When you and your business want different things

One of the big benefits of the Internet entrepreneur revolution these past 15 years is that we have so much more control over how to design a business. No longer relegated to cramming ourselves in uncomfortable blue suits to eat rubber chicken lunches in dim hotel rooms with coffee stained carpets, we can do business and build businesses where and how we want to.

Working while camping out of a van? YES!

Closing deals over fancy coffee in a co-working space? YES!

Building a random thing to sell on the Internet, fueled by digital funnels and smart Facebook advertising? YES!

Getting paid to give advice to people all over the world from a computer screen and free software? YES!

I don’t think my Grandpa Frank, who took a bus across the Golden Gate Bridge each day with a carefully packed lunch to go to his office in the Tenderloin for his job with the Methodist Church, would believe the way I earn a living.

The Internet is truly an amazing thing, and it has afforded us so much opportunity and flexibility.

And yet …

I have noticed that this focus on “I design my business to perfectly fit my lifestyle” has fueled lopsided and unrealistic expectations about what our business is supposed to do for us.

There is a difference between a vision of what an optimal business model would look like that would deliver the exact life I want to live and …the actions I must take, whether I like them or not, to make this business model function effectively.

For example:

  • You are a big picture person and not so much an implementation person. You also hate to manage people and do business development. You design a consulting business to give big picture advice to people.Win! You get to use your strengths.
    Worry! You can’t get any clients if you don’t do any business development. And if you can’t hire someone and oversee their work, you will be sitting on a big pile of coulda shoulda wouldas.
  • You are a people person and not so much a numbers person. Dealing with analysis and defining things like monthly revenue targets and profit margins makes your skin crawl.Win! You never have to feel uncomfortable and overwhelmed by things you don’t like.
    Worry! It is really hard to make and measure progress in business if you have no sense of how it is doing financially. How can you know the most profitable products, services or clients if you never look at the numbers? Financial health is key to business health. It is the tooth brushing of the business world.
  • You are a hands-on maker person, and not a technology person. You also have visions of your products being shipped all over the world.Win! You stand out in a crowd with your artistry and craft.
    Worry! It is pretty hard these days to build a scaled business without using some form of technology or social media. You can definitely build a following through word of mouth, but if you want to scale and build more quickly, it is challenging.

You are not your business

As a design principle, I am in favor of doing everything you can to create a business that complements your skills and strengths.

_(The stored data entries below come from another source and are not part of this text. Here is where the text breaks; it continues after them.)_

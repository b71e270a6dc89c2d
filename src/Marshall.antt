-- ===== src/Marshall.antt =====
-- Marshall.cpp: messages on a socket, each after a header of two bytes with its size.
-- A byte is a number below 256. What the system does at each call of recv or send and what wakes a wait
-- is a list of `Turn`s; a loop whose turns are used up still waits. The serialisation of a message and
-- the authenticated encryption are the libraries', and stand in `Codec`.
pub mod Dispatch
pub mod Loops
pub mod Framing
pub mod Found
pub mod Messages
pub mod RoundTrip
use openbookfs.Prelude.{
  ℕ, zero, suc, ◌+◌, ◌-◌, ◌*◌, ◌/◌, ◌%◌, Bool, true, false, List, [], ◌∷◌, ◌++◌, Option, none, some,
}
use openbookfs.Prelude.{length, take, drop, ltb, if◌then◌else◌}
use openbookfs.Marshall.Dispatch.{parse_message_id, find_type, num_msg}

abbrev pub Byte : Type 0
Byte = ℕ

abbrev pub bufsize : ℕ
bufsize = 2048

pub data MarshallError : Type 0 where
  disconnected io_error signalled too_long bad_type bad_message not_authentic : MarshallError

-- One call of recv or send, with the wait that follows when it moves nothing: `moved k` lets at most
-- 1 + k bytes pass, `closed` returns 0, `would_block b` fails with EWOULDBLOCK and is woken by the
-- descriptor (true) or by another one (false), `failed` is any other errno.
pub data Turn : Type 0 where
  moved : ℕ → Turn
  closed : Turn
  would_block : Bool → Turn
  failed : Turn

-- What came of a step: a value with the turns that are left, an exception, or a thread that waits.
pub data Step (A : Type 0) : Type 0 where
  done : A → List Turn → Step A
  threw : MarshallError → Step A
  waiting : Step A

abbrev pub and_then : {A B : Type 0} → Step A → (A → List Turn → Step B) → Step B
and_then (done a s) f = f a s
and_then (threw e) f = threw e
and_then waiting f = waiting

-- How many of the `left` bytes that are wanted pass at a turn, of those that are there.
abbrev pub passes : ℕ → ℕ → ℕ → ℕ
passes k left there =
    if ltb k left
    then (if ltb k there then 1 + k else there)
    else (if ltb left there then left else there)

-- The loop of readSize and of readData: `got` is read, `left` bytes are missing, and `wire` holds the
-- bytes on their way to this socket. recv finds nothing while the wire is empty, and waits.
unfoldable pub recv_loop : List Turn → ℕ → List Byte → List Byte → Step (List Byte × List Byte)
recv_loop s zero got wire = done (got, wire) s
recv_loop [] (suc left) got wire = waiting
recv_loop (moved k ∷ s) (suc left) got wire =
    recv_loop s (suc left - passes k (suc left) (length wire))
      (got ++ take (passes k (suc left) (length wire)) wire)
      (drop (passes k (suc left) (length wire)) wire)
recv_loop (closed ∷ s) (suc left) got wire = threw disconnected
recv_loop (would_block true ∷ s) (suc left) got wire = recv_loop s (suc left) got wire
recv_loop (would_block false ∷ s) (suc left) got wire = threw signalled
recv_loop (failed ∷ s) (suc left) got wire = threw io_error

-- The loop of writeSize and of writeData: the bytes of `buf` that are not sent yet go to the end of the wire.
unfoldable pub send_loop : List Turn → List Byte → List Byte → Step (List Byte)
send_loop s [] wire = done wire s
send_loop [] (b ∷ buf) wire = waiting
send_loop (moved k ∷ s) (b ∷ buf) wire = send_loop s (drop k buf) (wire ++ (b ∷ take k buf))
send_loop (closed ∷ s) (b ∷ buf) wire = threw disconnected
send_loop (would_block true ∷ s) (b ∷ buf) wire = send_loop s (b ∷ buf) wire
send_loop (would_block false ∷ s) (b ∷ buf) wire = threw signalled
send_loop (failed ∷ s) (b ∷ buf) wire = threw io_error

-- The two bytes of a size: `size & 0xFF` and `size >> 8`, the second narrowed to a byte.
unfoldable pub size_header : ℕ → List Byte
size_header size = (size % 256) ∷ ((size / 256) % 256) ∷ []

-- `header[0] | header[1] << 8`; the two do not overlap.
unfoldable pub header_size : List Byte → ℕ
header_size (low ∷ high ∷ _) = low + high * 256
header_size _ = 0

abbrev pub check_size : ℕ → List Byte → List Turn → Step (ℕ × List Byte)
check_size size wire s = if ltb bufsize size then threw too_long else done (size, wire) s

-- readSize: the size that m_cipherR takes, and what is left on the wire.
unfoldable pub read_size : List Turn → List Byte → Step (ℕ × List Byte)
read_size s wire = and_then (recv_loop s 2 [] wire) (λ r. check_size (header_size r.0) r.1)

-- readData
unfoldable pub read_data : List Turn → ℕ → List Byte → Step (List Byte × List Byte)
read_data s size wire = recv_loop s size [] wire

-- writeSize and writeData
unfoldable pub write_size : List Turn → List Byte → List Byte → Step (List Byte)
write_size s cipher wire = send_loop s (size_header (length cipher)) wire

unfoldable pub write_data : List Turn → List Byte → List Byte → Step (List Byte)
write_data s cipher wire = send_loop s cipher wire

-- A message of the program: its type, and the protocol buffer.
pub record AutoMessage (Msg : Type 0) : Type 0 where
  pub type : ℕ
  pub msg : Msg

-- SerializeToArray and ParseFromArray of protocol buffers, and the GCM filters of CryptoPP under the
-- key and vector of initAES: both are set back to the vector after each message.
pub record Codec (Msg : Type 0) : Type 0 where
  pub serialize_to_array : Msg → List Byte
  pub parse_from_array : ℕ → List Byte → Option Msg
  pub encrypt_filter : List Byte → List Byte
  pub decrypt_filter : List Byte → Option (List Byte)

module _ {Msg : Type 0} (codec : Codec Msg) where
  abbrev pub parse_body : List Byte → List Turn → ℕ → Step (AutoMessage Msg)
  parse_body bytes s type = elim (codec.parse_from_array type (drop 1 bytes)) [
    | none ↦ threw bad_message
    | some m ↦ done (record { type = type; msg = m }) s
  ]

  -- deserialize: `data[0]` of an empty string is 0.
  unfoldable pub first_byte : List Byte → Byte
  first_byte [] = 0
  first_byte (b ∷ bytes) = b

  unfoldable pub deserialize : List Byte → List Turn → Step (AutoMessage Msg)
  deserialize bytes s = elim (parse_message_id (first_byte bytes)) [
    | none ↦ threw bad_type
    | some id ↦ elim (find_type num_msg 0 num_msg id) [
      | none ↦ threw bad_type
      | some type ↦ parse_body bytes s type
    ]
  ]

  -- serialize: the byte of the type before the message.
  unfoldable pub serialize : AutoMessage Msg → List Turn → Step (List Byte)
  serialize m s =
      if ltb bufsize (1 + length (codec.serialize_to_array m.msg))
      then threw too_long
      else done (m.type ∷ codec.serialize_to_array m.msg) s

  unfoldable pub encrypt : List Byte → List Turn → Step (List Byte)
  encrypt plain s =
      if ltb bufsize (length (codec.encrypt_filter plain))
      then threw too_long
      else done (codec.encrypt_filter plain) s

  unfoldable pub decrypt : List Byte → List Turn → Step (List Byte)
  decrypt cipher s = elim (codec.decrypt_filter cipher) [
    | none ↦ threw not_authentic
    | some plain ↦ done plain s
  ]

  abbrev pub send_message : List Byte → List Byte → List Turn → Step (List Byte)
  send_message wire cipher s = and_then (write_size s cipher wire) (λ w t. write_data t cipher w)

  -- write: the wire after the message was sent.
  unfoldable pub write : List Turn → AutoMessage Msg → Bool → List Byte → Step (List Byte)
  write s m true wire = and_then (serialize m s) (λ p t. and_then (encrypt p t) (send_message wire))
  write s m false wire = and_then (serialize m s) (send_message wire)

  unfoldable pub write_enc : List Turn → AutoMessage Msg → List Byte → Step (List Byte)
  write_enc s m wire = and_then (serialize m s) (λ p t. and_then (encrypt p t) (send_message wire))

  abbrev pub receive_message : List Turn → List Byte → Step (List Byte × List Byte)
  receive_message s wire = and_then (read_size s wire) (λ r t. read_data t r.0 r.1)

  -- with the bytes that stay on the wire
  abbrev pub keep_wire :
      List Byte → AutoMessage Msg → List Turn → Step (AutoMessage Msg × List Byte)
  keep_wire wire m s = done (m, wire) s

  -- read
  unfoldable pub read : List Turn → Bool → List Byte → Step (AutoMessage Msg × List Byte)
  read s true wire =
      and_then (receive_message s wire)
        (λ r t. and_then (decrypt r.0 t) (λ p u. and_then (deserialize p u) (keep_wire r.1)))
  read s false wire =
      and_then (receive_message s wire) (λ r t. and_then (deserialize r.0 t) (keep_wire r.1))

  unfoldable pub read_enc : List Turn → List Byte → Step (AutoMessage Msg × List Byte)
  read_enc s wire =
      and_then (receive_message s wire)
        (λ r t. and_then (decrypt r.0 t) (λ p u. and_then (deserialize p u) (keep_wire r.1)))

I am also in favor of recognizing that your business may need a lot of things (accounting, analysis, business development, product development, operational strength) that you are not able to provide.

I like thinking of business design with the lens that John Warrillow provides in Built to Sell — how can you create a business that you would be capable of selling (even if you have no intention of selling it)? In order to do that, you must build in operational and sales capacity that is not dependent on your brain, body or force of will.

When you recognize the areas that are not your strength, and the impact they will have on your business, you can either choose to change your business model like Jeff did, or move forward despite the discomfort like Jared did.

Either are great choices.

Not choosing, and expecting your business to deliver things to you that you are not willing to do for it, is a road to nowhere.